■ THE TASK ■
An exact copy of every record is required.

Dataset entries:
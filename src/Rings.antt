-- ===== src/Rings.antt =====
-- firmware/src/rings/rings.{h,c}: the commanded colours of the two WS2812 rings.
pub mod Set
pub mod Pixel
pub mod Flush
use rp2040_eth_panel.Prelude.{
  ℕ, zero, suc, ◌+◌, ◌*◌, ◌/◌, ◌%◌, ◌^◌, bit_or, Bool, true, false, not, ◌&&◌, ◌||◌, List, Option,
  none, some, Two, entry, update, both, ltb, leb, ◌==◌, u8, ◌<<<◌, if◌then◌else◌, replicate,
}
use rp2040_eth_panel.Prelude.Int.{ℤ, pos, negsuc, is_minus_one, in_bounds, to_nat}

-- `ring_order_t`
pub data RingOrder : Type 0 where
  grb rgb : RingOrder

-- `ring_state_t`: four `uint8_t`.
pub record RingState : Type 0 where
  pub r : ℕ
  pub g : ℕ
  pub b : ℕ
  pub brightness : ℕ

-- `rings_t`
pub record Rings : Type 0 where
  pub st : Two RingState
  pub nleds : Two ℕ
  pub dirty : Two Bool

unfoldable pub rings_init : Two ℕ → Rings
rings_init nleds = record {
  st = both (record { r = 0; g = 0; b = 0; brightness = 255 });
  nleds = nleds;
  dirty = both true;
}

unfoldable pub in_range : ℤ → Bool
in_range v = in_bounds 0 255 v

-- An argument that is present and out of range.
abbrev pub out_of_range : ℤ → Bool
out_of_range v = not (is_minus_one v) && not (in_range v)

-- `if (v != -1) field = (uint8_t)v;`
abbrev pub given_or : ℤ → ℕ → ℕ
given_or v old = if is_minus_one v then old else u8 (to_nat v)

-- The new state of a ring for the arguments of `rings_set`.
abbrev pub next_state : RingState → ℤ → ℤ → ℤ → ℤ → RingState
next_state s r g b brightness = record {
  r = given_or r s.r;
  g = given_or g s.g;
  b = given_or b s.b;
  brightness = given_or brightness s.brightness;
}

-- `memcmp(&next, &rs->st[idx], sizeof(next)) == 0`: the struct is four bytes with no padding.
abbrev pub same_state : RingState → RingState → Bool
same_state s t = s.r == t.r && s.g == t.g && s.b == t.b && s.brightness == t.brightness

-- The part of `rings_set` behind its range tests.
unfoldable pub store_state : Rings → ℕ → RingState → Rings
store_state rs i next =
    if same_state next (entry rs.st i)
    then rs
    else record rs { st = update rs.st i next; dirty = update rs.dirty i true }

unfoldable pub rings_set : Rings → ℤ → ℤ → ℤ → ℤ → ℤ → Bool × Rings
rings_set rs idx r g b brightness =
    if not (in_bounds 0 1 idx)
    then (false, rs)
    else if out_of_range r || out_of_range g || out_of_range b || out_of_range brightness
    then (false, rs)
    else (
      true,
      store_state rs (to_nat idx) (next_state (entry rs.st (to_nat idx)) r g b brightness),
    )

unfoldable pub rings_scale : ℕ → ℕ → ℕ
rings_scale c brightness = u8 ((c * brightness + 127) / 255)

-- Three bytes in wire order, the first one highest.
abbrev pack_bytes : ℕ → ℕ → ℕ → ℕ
pack_bytes x y z = bit_or (bit_or (x <<< 16) (y <<< 8)) z

unfoldable pub pixel_of : RingOrder → RingState → ℕ
pixel_of grb s =
    pack_bytes (rings_scale s.g s.brightness) (rings_scale s.r s.brightness)
      (rings_scale s.b s.brightness)
pixel_of rgb s =
    pack_bytes (rings_scale s.r s.brightness) (rings_scale s.g s.brightness)
      (rings_scale s.b s.brightness)

unfoldable pub rings_pixel_word : Rings → ℕ → RingOrder → ℕ
unfolding pixel_of
rings_pixel_word rs idx order = pixel_of order (entry rs.st idx)

-- The words written and their count's sign: `none` is -1.
unfoldable pub rings_render : Rings → ℕ → RingOrder → ℕ → Option (List ℕ)
rings_render rs idx order max_words =
    if leb 2 idx
    then none
    else if ltb max_words (entry rs.nleds idx)
    then none
    else some (replicate (entry rs.nleds idx) (rings_pixel_word rs idx order))

unfoldable pub rings_clear_dirty : Rings → ℕ → Rings
rings_clear_dirty rs idx = if ltb idx 2 then record rs { dirty = update rs.dirty idx false } else rs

■ TASK RESPONSE ■
filename src/Rings.antt
-- ===== src/Rings.antt =====
-- firmware/src/rings/rings.{h,c}: the commanded colours of the two WS2812 rings.
pub mod Set
pub mod Pixel
pub mod Flush
use rp2040_eth_panel.Prelude.{
  ℕ, zero, suc, ◌+◌, ◌*◌, ◌/◌, ◌%◌, ◌^◌, bit_or, Bool, true, false, not, ◌&&◌, ◌||◌, List, Option,
  none, some, Two, entry, update, both, ltb, leb, ◌==◌, u8, ◌<<<◌, if◌then◌else◌, replicate,
}
use rp2040_eth_panel.Prelude.Int.{ℤ, pos, negsuc, is_minus_one, in_bounds, to_nat}

-- `ring_order_t`
pub data RingOrder : Type 0 where
  grb rgb : RingOrder

-- `ring_state_t`: four `uint8_t`.
pub record RingState : Type 0 where
  pub r : ℕ
  pub g : ℕ
  pub b : ℕ
  pub brightness : ℕ

-- `rings_t`
pub record Rings : Type 0 where
  pub st : Two RingState
  pub nleds : Two ℕ
  pub dirty : Two Bool

unfoldable pub rings_init : Two ℕ → Rings
rings_init nleds = record {
  st = both (record { r = 0; g = 0; b = 0; brightness = 255 });
  nleds = nleds;
  dirty = both true;
}

unfoldable pub in_range : ℤ → Bool
in_range v = in_bounds 0 255 v

-- An argument that is present and out of range.
abbrev pub out_of_range : ℤ → Bool
out_of_range v = not (is_minus_one v) && not (in_range v)

-- `if (v != -1) field = (uint8_t)v;`
abbrev pub given_or : ℤ → ℕ → ℕ
given_or v old = if is_minus_one v then old else u8 (to_nat v)

-- The new state of a ring for the arguments of `rings_set`.
abbrev pub next_state : RingState → ℤ → ℤ → ℤ → ℤ → RingState
next_state s r g b brightness = record {
  r = given_or r s.r;
  g = given_or g s.g;
  b = given_or b s.b;
  brightness = given_or brightness s.brightness;
}

-- `memcmp(&next, &rs->st[idx], sizeof(next)) == 0`: the struct is four bytes with no padding.
abbrev pub same_state : RingState → RingState → Bool
same_state s t = s.r == t.r && s.g == t.g && s.b == t.b && s.brightness == t.brightness

-- The part of `rings_set` behind its range tests.
unfoldable pub store_state : Rings → ℕ → RingState → Rings
store_state rs i next =
    if same_state next (entry rs.st i)
    then rs
    else record rs { st = update rs.st i next; dirty = update rs.dirty i true }

unfoldable pub rings_set : Rings → ℤ → ℤ → ℤ → ℤ → ℤ → Bool × Rings
rings_set rs idx r g b brightness =
    if not (in_bounds 0 1 idx)
    then (false, rs)
    else if out_of_range r || out_of_range g || out_of_range b || out_of_range brightness
    then (false, rs)
    else (
      true,
      store_state rs (to_nat idx) (next_state (entry rs.st (to_nat idx)) r g b brightness),
    )

unfoldable pub rings_scale : ℕ → ℕ → ℕ
rings_scale c brightness = u8 ((c * brightness + 127) / 255)

-- Three bytes in wire order, the first one highest.
abbrev pack_bytes : ℕ → ℕ → ℕ → ℕ
pack_bytes x y z = bit_or (bit_or (x <<< 16) (y <<< 8)) z

unfoldable pub pixel_of : RingOrder → RingState → ℕ
pixel_of grb s =
    pack_bytes (rings_scale s.g s.brightness) (rings_scale s.r s.brightness)
      (rings_scale s.b s.brightness)
pixel_of rgb s =
    pack_bytes (rings_scale s.r s.brightness) (rings_scale s.g s.brightness)
      (rings_scale s.b s.brightness)

unfoldable pub rings_pixel_word : Rings → ℕ → RingOrder → ℕ
unfolding pixel_of
rings_pixel_word rs idx order = pixel_of order (entry rs.st idx)

-- The words written and their count's sign: `none` is -1.
unfoldable pub rings_render : Rings → ℕ → RingOrder → ℕ → Option (List ℕ)
rings_render rs idx order max_words =
    if leb 2 idx
    then none
    else if ltb max_words (entry rs.nleds idx)
    then none
    else some (replicate (entry rs.nleds idx) (rings_pixel_word rs idx order))

unfoldable pub rings_clear_dirty : Rings → ℕ → Rings
rings_clear_dirty rs idx = if ltb idx 2 then record rs { dirty = update rs.dirty idx false } else rs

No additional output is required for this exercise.